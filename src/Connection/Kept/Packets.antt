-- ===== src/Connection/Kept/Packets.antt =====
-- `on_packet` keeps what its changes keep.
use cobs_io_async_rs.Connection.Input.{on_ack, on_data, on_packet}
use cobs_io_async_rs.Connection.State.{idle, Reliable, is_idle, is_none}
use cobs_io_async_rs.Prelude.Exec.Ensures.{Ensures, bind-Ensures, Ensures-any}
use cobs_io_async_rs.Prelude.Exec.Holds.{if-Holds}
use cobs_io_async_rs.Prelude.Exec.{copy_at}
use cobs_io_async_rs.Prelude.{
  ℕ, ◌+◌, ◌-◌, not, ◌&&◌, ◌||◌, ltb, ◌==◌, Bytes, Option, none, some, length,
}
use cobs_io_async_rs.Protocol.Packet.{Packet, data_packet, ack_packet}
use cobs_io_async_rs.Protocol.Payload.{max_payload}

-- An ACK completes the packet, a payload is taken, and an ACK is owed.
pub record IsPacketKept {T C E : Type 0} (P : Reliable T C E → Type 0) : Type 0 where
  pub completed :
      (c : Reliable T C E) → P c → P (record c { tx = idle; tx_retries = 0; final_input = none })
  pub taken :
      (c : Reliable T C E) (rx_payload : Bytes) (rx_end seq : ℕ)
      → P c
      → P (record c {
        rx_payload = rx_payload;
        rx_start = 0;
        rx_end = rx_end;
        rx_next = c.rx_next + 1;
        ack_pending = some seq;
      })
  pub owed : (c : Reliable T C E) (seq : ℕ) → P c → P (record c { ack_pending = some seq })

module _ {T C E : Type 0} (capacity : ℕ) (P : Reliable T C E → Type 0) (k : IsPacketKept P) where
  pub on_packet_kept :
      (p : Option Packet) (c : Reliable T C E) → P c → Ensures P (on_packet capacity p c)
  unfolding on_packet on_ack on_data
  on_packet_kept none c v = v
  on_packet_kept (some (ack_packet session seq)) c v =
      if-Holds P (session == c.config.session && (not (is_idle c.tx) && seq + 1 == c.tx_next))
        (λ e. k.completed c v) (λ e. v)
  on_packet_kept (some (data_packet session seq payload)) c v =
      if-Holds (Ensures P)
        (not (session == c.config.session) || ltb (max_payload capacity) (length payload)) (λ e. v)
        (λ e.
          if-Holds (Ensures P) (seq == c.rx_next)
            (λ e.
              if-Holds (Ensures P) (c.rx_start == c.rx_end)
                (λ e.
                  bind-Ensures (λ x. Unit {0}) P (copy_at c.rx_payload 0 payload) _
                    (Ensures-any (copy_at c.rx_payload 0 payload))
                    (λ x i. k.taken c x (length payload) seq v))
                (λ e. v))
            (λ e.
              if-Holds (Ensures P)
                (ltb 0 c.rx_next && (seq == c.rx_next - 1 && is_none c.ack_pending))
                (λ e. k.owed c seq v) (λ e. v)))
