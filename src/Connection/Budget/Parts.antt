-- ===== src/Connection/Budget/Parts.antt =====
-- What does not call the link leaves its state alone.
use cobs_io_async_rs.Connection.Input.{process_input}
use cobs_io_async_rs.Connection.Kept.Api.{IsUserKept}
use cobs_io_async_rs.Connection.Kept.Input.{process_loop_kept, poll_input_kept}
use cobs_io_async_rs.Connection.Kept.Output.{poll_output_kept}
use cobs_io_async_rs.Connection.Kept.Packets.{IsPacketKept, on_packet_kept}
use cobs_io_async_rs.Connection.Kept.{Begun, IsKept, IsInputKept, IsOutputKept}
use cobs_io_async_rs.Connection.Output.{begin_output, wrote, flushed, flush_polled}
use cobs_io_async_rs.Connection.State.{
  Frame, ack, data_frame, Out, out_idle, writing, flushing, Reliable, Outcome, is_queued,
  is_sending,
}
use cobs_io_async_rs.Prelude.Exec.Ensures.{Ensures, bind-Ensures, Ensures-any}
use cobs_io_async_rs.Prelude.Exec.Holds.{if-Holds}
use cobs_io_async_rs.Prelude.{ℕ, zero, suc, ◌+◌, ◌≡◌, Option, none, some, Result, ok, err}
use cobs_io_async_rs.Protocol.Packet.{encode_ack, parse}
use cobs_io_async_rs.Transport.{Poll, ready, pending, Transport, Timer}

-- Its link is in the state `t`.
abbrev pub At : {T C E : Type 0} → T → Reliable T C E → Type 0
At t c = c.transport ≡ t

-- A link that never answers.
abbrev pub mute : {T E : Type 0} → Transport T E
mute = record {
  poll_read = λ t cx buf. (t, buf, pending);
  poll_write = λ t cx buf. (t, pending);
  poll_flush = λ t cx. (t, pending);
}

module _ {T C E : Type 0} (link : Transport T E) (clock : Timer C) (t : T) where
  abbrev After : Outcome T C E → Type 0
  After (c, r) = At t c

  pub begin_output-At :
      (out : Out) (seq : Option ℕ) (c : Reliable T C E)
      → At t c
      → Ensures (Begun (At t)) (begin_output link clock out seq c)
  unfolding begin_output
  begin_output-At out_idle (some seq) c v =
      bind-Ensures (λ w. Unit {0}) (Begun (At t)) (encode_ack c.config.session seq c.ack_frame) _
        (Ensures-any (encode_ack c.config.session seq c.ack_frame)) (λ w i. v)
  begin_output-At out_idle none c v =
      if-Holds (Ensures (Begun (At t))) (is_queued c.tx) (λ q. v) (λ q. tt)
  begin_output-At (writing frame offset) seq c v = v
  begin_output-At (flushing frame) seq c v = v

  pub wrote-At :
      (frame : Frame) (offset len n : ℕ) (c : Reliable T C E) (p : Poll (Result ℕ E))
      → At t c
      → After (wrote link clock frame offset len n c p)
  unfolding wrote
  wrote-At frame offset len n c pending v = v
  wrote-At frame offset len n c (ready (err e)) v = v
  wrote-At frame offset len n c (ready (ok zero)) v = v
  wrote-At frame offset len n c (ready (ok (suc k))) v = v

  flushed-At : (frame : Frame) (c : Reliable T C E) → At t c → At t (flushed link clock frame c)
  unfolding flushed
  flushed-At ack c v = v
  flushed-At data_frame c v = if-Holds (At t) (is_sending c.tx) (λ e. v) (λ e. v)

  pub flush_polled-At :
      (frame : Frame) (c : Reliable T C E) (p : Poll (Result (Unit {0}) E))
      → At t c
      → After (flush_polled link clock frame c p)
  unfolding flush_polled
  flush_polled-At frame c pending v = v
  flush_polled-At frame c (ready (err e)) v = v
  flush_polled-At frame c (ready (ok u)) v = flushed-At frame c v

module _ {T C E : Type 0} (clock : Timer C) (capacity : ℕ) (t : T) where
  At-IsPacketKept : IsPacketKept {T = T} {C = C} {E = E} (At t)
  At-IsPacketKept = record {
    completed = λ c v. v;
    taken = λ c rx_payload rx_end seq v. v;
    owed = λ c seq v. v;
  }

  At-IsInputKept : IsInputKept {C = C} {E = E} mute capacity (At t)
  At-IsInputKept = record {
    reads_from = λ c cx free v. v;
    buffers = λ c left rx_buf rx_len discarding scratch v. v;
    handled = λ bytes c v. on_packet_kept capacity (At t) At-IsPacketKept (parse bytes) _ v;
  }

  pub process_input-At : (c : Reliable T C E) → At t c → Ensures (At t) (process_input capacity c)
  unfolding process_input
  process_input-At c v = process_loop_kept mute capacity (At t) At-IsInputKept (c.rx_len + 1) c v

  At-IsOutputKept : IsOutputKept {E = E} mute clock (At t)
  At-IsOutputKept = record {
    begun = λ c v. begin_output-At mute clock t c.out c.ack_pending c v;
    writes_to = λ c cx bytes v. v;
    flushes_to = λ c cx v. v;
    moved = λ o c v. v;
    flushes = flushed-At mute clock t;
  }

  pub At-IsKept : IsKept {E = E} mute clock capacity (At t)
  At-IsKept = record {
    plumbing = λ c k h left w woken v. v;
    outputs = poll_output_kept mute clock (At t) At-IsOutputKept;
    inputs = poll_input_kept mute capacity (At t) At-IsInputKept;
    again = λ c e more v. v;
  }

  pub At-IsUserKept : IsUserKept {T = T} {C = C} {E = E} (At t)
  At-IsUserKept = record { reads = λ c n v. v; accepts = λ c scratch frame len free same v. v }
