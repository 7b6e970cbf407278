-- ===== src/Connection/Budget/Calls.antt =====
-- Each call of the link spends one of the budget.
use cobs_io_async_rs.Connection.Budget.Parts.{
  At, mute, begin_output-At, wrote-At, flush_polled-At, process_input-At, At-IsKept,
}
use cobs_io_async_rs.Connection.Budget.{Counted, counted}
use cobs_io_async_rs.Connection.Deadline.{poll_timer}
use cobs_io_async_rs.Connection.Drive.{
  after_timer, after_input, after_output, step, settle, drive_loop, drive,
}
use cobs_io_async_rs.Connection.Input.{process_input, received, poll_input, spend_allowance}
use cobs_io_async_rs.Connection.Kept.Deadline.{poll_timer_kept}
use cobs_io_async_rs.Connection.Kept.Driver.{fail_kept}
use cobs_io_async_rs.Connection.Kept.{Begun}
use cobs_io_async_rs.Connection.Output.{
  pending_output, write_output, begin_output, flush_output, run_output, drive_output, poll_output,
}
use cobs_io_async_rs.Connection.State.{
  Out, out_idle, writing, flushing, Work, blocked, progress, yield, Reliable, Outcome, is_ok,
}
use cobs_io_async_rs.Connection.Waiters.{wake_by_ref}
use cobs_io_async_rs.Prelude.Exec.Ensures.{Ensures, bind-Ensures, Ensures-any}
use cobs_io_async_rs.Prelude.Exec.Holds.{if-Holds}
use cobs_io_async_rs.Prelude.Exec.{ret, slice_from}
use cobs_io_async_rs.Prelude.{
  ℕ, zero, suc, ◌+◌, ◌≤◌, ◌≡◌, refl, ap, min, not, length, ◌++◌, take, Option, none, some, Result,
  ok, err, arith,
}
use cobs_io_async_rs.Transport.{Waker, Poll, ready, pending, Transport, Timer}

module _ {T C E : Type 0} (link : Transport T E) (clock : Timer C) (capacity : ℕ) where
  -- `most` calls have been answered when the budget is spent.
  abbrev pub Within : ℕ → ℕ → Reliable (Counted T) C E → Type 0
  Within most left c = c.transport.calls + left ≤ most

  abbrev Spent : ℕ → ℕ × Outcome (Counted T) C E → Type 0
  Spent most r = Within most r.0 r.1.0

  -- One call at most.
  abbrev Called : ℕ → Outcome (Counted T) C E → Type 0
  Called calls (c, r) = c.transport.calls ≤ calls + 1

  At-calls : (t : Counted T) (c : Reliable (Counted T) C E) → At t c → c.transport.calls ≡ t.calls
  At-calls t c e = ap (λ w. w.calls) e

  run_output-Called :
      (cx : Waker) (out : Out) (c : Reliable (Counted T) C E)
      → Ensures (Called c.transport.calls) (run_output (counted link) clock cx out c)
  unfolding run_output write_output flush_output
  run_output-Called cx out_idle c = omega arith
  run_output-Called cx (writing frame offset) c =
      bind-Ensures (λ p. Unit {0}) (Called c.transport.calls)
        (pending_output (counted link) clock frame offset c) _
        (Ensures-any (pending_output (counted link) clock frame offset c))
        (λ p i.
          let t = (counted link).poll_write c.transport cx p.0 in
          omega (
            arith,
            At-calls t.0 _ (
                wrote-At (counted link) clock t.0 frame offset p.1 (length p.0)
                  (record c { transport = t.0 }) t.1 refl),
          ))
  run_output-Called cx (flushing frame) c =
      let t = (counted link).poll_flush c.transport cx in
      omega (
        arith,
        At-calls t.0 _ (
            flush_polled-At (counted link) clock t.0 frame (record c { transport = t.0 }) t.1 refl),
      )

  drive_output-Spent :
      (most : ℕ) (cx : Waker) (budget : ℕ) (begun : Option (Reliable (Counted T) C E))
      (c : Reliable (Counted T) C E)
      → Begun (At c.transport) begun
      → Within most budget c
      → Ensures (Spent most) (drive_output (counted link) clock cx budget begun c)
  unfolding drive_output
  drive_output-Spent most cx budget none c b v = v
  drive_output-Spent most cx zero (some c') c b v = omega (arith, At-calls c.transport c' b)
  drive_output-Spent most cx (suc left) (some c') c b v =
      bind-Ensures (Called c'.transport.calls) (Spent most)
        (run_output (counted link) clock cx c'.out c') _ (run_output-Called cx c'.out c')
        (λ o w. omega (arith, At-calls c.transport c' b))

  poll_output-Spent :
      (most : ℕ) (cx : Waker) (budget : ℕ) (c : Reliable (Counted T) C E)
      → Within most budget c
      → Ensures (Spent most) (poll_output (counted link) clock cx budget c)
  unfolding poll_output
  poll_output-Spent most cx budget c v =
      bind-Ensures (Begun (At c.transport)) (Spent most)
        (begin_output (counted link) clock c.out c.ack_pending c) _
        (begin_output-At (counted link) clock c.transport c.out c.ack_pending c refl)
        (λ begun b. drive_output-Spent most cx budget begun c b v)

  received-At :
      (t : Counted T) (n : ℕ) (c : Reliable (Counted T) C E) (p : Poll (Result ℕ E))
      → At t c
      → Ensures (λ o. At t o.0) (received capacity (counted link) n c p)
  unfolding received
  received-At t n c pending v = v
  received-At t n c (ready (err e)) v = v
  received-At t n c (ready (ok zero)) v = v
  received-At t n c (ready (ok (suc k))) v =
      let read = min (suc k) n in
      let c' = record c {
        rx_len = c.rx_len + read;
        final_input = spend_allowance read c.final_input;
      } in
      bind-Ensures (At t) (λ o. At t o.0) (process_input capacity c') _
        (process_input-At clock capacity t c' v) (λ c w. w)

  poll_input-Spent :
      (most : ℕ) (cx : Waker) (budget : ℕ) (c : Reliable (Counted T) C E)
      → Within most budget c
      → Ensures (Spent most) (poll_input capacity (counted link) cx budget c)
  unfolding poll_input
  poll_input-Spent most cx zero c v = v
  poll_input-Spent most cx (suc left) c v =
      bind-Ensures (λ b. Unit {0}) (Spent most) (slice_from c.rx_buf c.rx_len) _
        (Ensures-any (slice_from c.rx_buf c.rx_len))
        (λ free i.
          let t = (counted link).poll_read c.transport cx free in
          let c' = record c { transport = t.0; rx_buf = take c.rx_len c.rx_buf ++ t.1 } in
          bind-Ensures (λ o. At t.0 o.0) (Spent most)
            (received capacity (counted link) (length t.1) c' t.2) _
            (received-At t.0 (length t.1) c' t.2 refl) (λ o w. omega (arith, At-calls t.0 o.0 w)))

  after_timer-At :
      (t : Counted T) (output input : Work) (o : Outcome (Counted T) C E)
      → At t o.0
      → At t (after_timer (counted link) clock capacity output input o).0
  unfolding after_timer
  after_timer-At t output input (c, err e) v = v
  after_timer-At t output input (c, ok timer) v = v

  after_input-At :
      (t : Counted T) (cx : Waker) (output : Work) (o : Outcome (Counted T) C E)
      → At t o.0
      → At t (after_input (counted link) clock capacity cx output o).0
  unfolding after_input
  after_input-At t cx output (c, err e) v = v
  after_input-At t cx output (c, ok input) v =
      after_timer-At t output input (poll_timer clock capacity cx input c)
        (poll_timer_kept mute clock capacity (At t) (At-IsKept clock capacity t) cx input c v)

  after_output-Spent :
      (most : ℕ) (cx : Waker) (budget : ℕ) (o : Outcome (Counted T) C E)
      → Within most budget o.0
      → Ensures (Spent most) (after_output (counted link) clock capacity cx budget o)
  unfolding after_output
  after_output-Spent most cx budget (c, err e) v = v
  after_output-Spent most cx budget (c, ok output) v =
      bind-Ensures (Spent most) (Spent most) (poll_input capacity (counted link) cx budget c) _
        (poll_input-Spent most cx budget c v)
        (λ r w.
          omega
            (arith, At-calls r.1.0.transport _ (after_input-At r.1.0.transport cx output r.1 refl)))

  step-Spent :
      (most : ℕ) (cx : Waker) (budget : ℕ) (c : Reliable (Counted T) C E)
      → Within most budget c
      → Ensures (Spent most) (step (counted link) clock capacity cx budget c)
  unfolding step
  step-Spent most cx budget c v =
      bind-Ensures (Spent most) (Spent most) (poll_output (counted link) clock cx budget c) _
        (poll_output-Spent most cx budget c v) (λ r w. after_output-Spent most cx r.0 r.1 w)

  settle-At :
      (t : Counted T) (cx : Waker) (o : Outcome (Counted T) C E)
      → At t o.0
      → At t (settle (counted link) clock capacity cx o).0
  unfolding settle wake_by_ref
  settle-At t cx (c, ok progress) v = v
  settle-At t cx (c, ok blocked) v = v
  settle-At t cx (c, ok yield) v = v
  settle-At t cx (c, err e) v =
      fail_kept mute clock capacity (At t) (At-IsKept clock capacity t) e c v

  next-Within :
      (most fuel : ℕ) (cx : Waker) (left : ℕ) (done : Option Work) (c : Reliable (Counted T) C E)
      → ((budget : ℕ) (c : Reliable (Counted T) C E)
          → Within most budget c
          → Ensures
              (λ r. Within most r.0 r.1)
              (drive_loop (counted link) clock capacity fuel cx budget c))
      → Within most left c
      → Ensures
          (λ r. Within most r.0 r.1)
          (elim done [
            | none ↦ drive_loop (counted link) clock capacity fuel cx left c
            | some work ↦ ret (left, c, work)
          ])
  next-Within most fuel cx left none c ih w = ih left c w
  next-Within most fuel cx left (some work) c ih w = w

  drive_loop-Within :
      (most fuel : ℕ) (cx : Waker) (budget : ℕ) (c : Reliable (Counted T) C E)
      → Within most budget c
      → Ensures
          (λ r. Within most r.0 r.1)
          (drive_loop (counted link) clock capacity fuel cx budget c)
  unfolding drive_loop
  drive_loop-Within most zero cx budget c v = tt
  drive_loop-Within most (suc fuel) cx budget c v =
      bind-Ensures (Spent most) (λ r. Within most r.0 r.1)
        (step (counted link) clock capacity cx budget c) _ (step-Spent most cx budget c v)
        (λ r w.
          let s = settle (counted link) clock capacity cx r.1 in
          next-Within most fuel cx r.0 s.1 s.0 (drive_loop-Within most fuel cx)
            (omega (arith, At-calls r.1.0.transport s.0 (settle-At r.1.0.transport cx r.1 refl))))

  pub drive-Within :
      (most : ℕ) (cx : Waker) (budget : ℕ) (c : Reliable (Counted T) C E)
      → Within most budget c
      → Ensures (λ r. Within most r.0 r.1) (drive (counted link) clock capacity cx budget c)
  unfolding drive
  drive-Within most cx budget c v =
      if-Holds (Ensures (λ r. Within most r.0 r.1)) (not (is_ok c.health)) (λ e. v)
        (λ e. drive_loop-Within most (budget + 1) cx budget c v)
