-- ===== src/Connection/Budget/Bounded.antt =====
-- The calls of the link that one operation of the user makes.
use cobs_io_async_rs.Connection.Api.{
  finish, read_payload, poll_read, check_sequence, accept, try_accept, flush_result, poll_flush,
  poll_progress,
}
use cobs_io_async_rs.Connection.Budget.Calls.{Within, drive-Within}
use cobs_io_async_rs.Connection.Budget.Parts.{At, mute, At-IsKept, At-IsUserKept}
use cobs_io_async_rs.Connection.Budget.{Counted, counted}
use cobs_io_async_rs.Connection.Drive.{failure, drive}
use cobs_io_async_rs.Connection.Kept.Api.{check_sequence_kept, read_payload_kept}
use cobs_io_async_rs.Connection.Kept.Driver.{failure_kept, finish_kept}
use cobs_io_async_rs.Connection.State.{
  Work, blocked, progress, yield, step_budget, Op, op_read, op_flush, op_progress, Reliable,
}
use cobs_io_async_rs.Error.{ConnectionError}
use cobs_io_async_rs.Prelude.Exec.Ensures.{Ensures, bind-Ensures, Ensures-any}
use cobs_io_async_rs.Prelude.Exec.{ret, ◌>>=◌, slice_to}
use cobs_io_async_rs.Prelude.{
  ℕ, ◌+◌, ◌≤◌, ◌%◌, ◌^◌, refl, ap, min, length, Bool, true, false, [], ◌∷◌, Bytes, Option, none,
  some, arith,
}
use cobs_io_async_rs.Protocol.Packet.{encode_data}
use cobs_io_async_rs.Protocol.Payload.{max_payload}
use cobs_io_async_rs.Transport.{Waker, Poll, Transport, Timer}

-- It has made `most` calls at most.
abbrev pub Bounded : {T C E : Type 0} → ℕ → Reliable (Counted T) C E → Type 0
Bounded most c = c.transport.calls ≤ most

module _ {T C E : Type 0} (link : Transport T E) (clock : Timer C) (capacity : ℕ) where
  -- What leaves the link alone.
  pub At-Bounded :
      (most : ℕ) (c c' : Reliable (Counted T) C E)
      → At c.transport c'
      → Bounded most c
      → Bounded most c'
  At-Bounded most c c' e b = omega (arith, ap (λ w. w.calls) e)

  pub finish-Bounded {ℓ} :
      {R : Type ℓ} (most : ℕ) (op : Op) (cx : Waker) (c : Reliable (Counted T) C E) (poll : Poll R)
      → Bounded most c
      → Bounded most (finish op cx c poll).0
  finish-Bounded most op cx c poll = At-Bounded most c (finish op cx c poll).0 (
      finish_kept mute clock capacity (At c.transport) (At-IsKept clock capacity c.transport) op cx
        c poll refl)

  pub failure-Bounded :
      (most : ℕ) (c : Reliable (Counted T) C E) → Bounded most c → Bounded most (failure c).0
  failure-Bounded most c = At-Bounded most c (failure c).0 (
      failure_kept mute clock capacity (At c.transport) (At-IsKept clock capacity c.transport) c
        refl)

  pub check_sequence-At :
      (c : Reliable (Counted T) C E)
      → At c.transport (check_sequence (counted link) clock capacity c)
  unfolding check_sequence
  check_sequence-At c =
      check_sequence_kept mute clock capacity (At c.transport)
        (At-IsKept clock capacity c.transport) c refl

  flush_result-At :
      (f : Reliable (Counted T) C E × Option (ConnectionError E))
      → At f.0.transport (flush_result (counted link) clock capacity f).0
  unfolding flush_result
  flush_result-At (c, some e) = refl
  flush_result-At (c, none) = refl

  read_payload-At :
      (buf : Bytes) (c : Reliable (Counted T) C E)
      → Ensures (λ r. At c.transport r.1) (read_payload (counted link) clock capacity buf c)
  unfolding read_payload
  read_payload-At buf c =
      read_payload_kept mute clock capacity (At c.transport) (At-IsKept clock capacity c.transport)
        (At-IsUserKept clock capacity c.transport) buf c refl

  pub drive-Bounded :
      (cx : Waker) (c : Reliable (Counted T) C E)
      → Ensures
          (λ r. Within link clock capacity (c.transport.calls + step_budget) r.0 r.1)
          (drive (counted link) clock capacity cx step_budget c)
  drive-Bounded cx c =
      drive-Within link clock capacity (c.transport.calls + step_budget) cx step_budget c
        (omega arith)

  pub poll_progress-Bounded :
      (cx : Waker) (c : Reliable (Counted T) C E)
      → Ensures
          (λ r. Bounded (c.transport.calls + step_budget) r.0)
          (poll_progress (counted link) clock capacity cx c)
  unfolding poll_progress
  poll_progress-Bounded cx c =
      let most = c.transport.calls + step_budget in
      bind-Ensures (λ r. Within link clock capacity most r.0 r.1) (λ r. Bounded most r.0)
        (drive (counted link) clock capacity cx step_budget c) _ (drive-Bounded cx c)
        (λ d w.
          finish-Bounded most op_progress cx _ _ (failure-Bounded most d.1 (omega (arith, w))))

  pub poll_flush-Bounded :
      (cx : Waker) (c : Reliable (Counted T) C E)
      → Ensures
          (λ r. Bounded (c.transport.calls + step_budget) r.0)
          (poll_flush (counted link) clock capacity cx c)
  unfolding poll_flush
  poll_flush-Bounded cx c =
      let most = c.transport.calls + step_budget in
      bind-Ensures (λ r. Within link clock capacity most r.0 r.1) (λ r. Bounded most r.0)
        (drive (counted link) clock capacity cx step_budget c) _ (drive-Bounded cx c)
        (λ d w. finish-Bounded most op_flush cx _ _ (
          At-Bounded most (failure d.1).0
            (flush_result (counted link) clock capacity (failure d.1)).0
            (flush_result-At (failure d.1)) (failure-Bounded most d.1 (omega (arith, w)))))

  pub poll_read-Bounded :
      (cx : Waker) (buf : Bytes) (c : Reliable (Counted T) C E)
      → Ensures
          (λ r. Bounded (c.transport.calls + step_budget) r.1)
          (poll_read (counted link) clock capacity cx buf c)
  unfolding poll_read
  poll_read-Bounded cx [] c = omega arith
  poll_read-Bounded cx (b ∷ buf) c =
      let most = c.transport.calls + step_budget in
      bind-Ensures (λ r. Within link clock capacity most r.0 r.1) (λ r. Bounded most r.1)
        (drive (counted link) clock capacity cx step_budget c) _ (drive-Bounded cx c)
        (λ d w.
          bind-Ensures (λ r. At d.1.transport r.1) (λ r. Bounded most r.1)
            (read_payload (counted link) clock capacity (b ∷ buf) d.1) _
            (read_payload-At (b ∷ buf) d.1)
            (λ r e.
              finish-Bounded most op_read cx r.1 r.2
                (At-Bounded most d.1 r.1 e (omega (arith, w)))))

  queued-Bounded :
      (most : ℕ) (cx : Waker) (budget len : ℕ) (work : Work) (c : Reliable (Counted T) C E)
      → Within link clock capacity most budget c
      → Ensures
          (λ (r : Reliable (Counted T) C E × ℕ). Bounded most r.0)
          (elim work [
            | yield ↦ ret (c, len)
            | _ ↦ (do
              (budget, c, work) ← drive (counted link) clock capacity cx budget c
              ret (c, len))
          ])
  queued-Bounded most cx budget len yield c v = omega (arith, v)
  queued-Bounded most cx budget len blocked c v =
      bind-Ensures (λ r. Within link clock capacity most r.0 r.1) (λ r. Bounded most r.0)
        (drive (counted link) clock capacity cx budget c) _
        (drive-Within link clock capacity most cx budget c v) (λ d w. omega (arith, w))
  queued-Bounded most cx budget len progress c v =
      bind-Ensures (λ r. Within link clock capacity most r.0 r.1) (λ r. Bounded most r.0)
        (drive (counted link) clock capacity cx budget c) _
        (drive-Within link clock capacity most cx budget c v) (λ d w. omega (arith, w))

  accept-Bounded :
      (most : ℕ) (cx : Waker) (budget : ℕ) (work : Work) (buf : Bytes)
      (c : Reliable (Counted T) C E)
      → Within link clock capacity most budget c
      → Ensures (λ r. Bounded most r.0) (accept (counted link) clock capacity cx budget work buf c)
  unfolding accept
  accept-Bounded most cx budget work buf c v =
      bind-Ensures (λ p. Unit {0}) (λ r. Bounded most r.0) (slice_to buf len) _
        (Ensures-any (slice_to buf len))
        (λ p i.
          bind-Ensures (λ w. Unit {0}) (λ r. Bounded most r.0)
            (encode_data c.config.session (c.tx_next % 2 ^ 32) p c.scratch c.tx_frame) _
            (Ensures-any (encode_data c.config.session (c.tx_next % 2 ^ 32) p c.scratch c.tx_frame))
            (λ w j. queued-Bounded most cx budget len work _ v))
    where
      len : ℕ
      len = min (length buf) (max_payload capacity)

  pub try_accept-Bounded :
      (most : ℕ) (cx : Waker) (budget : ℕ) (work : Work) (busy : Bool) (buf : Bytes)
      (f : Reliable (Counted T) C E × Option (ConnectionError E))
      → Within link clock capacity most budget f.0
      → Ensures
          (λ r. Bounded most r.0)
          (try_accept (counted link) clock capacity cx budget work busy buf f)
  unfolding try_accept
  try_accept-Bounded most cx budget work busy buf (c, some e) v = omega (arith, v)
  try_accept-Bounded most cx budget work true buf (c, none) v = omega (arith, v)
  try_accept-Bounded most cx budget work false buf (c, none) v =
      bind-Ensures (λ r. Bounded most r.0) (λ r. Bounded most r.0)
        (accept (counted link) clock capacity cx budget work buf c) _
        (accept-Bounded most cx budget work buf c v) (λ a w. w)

:::::

#### [TRY IT]
The records are given above. Copy each line in them that holds "parse".

#### [ANSWER TO THIS TASK]
use cobs_io_async_rs.Protocol.Packet.{encode_ack, parse}
    handled = λ bytes c v. on_packet_kept capacity (At t) At-IsPacketKept (parse bytes) _ v;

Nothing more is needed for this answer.